(What the exercise asks)
Look through the listing below, and wherever a line has the string "standard", pull it out.

____

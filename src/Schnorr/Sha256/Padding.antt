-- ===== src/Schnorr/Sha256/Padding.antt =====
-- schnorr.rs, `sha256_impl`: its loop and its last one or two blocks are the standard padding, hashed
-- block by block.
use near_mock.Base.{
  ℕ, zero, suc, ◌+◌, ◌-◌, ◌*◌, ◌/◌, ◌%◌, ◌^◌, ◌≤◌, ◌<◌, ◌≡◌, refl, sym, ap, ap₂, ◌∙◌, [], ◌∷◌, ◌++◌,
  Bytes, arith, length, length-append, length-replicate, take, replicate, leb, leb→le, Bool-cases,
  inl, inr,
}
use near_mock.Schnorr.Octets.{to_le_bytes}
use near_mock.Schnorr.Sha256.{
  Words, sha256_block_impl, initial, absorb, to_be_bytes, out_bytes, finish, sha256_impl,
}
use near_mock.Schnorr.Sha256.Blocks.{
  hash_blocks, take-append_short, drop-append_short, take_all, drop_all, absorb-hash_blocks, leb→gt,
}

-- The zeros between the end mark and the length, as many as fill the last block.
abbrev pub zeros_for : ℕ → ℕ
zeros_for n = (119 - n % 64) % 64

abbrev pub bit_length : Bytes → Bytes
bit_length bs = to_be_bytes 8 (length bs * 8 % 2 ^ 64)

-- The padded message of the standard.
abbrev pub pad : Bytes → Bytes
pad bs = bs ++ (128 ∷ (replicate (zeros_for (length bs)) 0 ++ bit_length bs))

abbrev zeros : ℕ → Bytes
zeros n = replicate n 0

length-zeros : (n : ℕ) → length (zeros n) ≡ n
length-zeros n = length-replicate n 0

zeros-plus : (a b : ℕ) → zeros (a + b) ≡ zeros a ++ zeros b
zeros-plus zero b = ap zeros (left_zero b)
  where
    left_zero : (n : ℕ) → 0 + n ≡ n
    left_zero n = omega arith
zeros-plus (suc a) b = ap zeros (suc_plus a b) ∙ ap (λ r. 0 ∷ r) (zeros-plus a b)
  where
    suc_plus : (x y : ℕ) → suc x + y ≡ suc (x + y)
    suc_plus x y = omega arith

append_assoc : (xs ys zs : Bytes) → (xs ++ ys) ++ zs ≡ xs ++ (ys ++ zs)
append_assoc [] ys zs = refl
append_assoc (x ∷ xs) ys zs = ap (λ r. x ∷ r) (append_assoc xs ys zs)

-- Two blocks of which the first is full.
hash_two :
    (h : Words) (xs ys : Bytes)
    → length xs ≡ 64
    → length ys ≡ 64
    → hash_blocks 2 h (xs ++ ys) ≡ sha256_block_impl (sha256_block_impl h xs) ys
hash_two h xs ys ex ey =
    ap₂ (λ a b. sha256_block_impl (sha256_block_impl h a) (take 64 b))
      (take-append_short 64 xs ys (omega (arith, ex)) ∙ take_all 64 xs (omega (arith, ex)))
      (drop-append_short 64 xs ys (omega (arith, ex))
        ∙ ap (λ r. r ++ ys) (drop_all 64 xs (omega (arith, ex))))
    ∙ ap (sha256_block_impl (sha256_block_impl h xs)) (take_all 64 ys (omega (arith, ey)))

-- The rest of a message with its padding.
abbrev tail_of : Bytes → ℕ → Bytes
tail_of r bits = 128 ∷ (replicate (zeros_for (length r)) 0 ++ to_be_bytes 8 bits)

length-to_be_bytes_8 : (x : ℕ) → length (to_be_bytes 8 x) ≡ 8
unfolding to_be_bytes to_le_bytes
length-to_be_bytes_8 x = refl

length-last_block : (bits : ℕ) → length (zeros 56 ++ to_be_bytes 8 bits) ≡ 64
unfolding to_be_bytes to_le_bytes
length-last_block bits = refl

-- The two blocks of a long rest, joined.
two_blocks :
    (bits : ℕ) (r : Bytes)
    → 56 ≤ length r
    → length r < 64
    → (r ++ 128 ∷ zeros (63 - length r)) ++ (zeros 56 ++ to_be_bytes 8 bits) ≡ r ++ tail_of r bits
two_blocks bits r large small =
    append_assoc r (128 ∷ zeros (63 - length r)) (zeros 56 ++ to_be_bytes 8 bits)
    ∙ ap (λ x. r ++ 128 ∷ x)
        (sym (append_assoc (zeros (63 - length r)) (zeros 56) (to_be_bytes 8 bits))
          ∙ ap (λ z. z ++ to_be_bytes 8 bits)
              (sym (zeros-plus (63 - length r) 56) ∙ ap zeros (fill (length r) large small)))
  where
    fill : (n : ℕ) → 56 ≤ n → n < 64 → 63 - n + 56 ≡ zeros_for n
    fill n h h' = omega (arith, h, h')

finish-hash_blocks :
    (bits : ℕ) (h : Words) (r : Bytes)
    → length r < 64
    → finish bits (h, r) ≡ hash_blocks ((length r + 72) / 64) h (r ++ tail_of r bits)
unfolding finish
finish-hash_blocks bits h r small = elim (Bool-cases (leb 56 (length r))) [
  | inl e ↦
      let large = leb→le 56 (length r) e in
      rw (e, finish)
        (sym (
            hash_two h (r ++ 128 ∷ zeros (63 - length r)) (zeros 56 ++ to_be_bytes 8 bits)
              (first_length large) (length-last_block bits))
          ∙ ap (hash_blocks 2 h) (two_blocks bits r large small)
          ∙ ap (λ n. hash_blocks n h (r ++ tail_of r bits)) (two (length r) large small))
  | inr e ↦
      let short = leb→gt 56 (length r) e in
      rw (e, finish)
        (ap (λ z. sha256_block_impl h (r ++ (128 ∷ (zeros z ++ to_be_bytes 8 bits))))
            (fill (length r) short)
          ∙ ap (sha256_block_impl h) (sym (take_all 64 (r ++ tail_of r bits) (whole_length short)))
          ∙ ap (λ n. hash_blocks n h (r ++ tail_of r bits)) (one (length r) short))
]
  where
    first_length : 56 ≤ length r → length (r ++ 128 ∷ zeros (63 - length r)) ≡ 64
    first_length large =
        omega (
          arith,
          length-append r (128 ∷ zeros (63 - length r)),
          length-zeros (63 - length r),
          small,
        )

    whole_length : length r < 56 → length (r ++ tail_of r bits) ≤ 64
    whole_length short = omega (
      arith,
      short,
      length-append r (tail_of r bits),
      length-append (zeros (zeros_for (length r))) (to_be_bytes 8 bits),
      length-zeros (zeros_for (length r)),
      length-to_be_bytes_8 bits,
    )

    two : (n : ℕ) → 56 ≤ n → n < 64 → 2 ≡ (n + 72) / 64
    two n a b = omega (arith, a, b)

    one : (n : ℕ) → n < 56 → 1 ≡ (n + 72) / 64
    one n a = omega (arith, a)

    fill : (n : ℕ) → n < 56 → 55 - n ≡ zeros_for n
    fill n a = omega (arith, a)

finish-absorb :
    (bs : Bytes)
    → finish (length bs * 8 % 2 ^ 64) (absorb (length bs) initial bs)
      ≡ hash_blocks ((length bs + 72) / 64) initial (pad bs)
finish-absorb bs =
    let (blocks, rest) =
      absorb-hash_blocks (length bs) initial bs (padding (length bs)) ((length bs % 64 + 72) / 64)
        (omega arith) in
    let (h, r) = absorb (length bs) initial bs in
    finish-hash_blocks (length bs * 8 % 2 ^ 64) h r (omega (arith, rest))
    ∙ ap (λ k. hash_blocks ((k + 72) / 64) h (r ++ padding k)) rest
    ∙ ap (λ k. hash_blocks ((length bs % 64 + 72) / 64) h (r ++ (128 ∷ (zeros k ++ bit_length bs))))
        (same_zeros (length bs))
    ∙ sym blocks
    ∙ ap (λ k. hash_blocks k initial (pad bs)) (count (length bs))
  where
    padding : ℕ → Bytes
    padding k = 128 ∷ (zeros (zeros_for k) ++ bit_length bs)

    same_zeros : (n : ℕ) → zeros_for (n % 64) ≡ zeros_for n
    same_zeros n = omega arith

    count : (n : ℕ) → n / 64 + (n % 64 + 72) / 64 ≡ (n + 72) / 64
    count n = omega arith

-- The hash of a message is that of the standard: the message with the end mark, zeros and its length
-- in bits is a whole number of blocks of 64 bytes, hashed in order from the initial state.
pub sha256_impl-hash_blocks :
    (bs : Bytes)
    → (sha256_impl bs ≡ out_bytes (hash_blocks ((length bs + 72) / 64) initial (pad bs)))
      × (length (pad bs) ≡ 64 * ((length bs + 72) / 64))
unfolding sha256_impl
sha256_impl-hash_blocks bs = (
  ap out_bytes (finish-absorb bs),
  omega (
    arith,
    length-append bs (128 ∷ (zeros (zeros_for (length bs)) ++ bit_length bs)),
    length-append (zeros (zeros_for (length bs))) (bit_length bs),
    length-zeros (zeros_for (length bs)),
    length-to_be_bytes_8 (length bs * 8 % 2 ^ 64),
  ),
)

____

(Written solution)
-- schnorr.rs, `sha256_impl`: its loop and its last one or two blocks are the standard padding, hashed
-- The padded message of the standard.
-- The hash of a message is that of the standard: the message with the end mark, zeros and its length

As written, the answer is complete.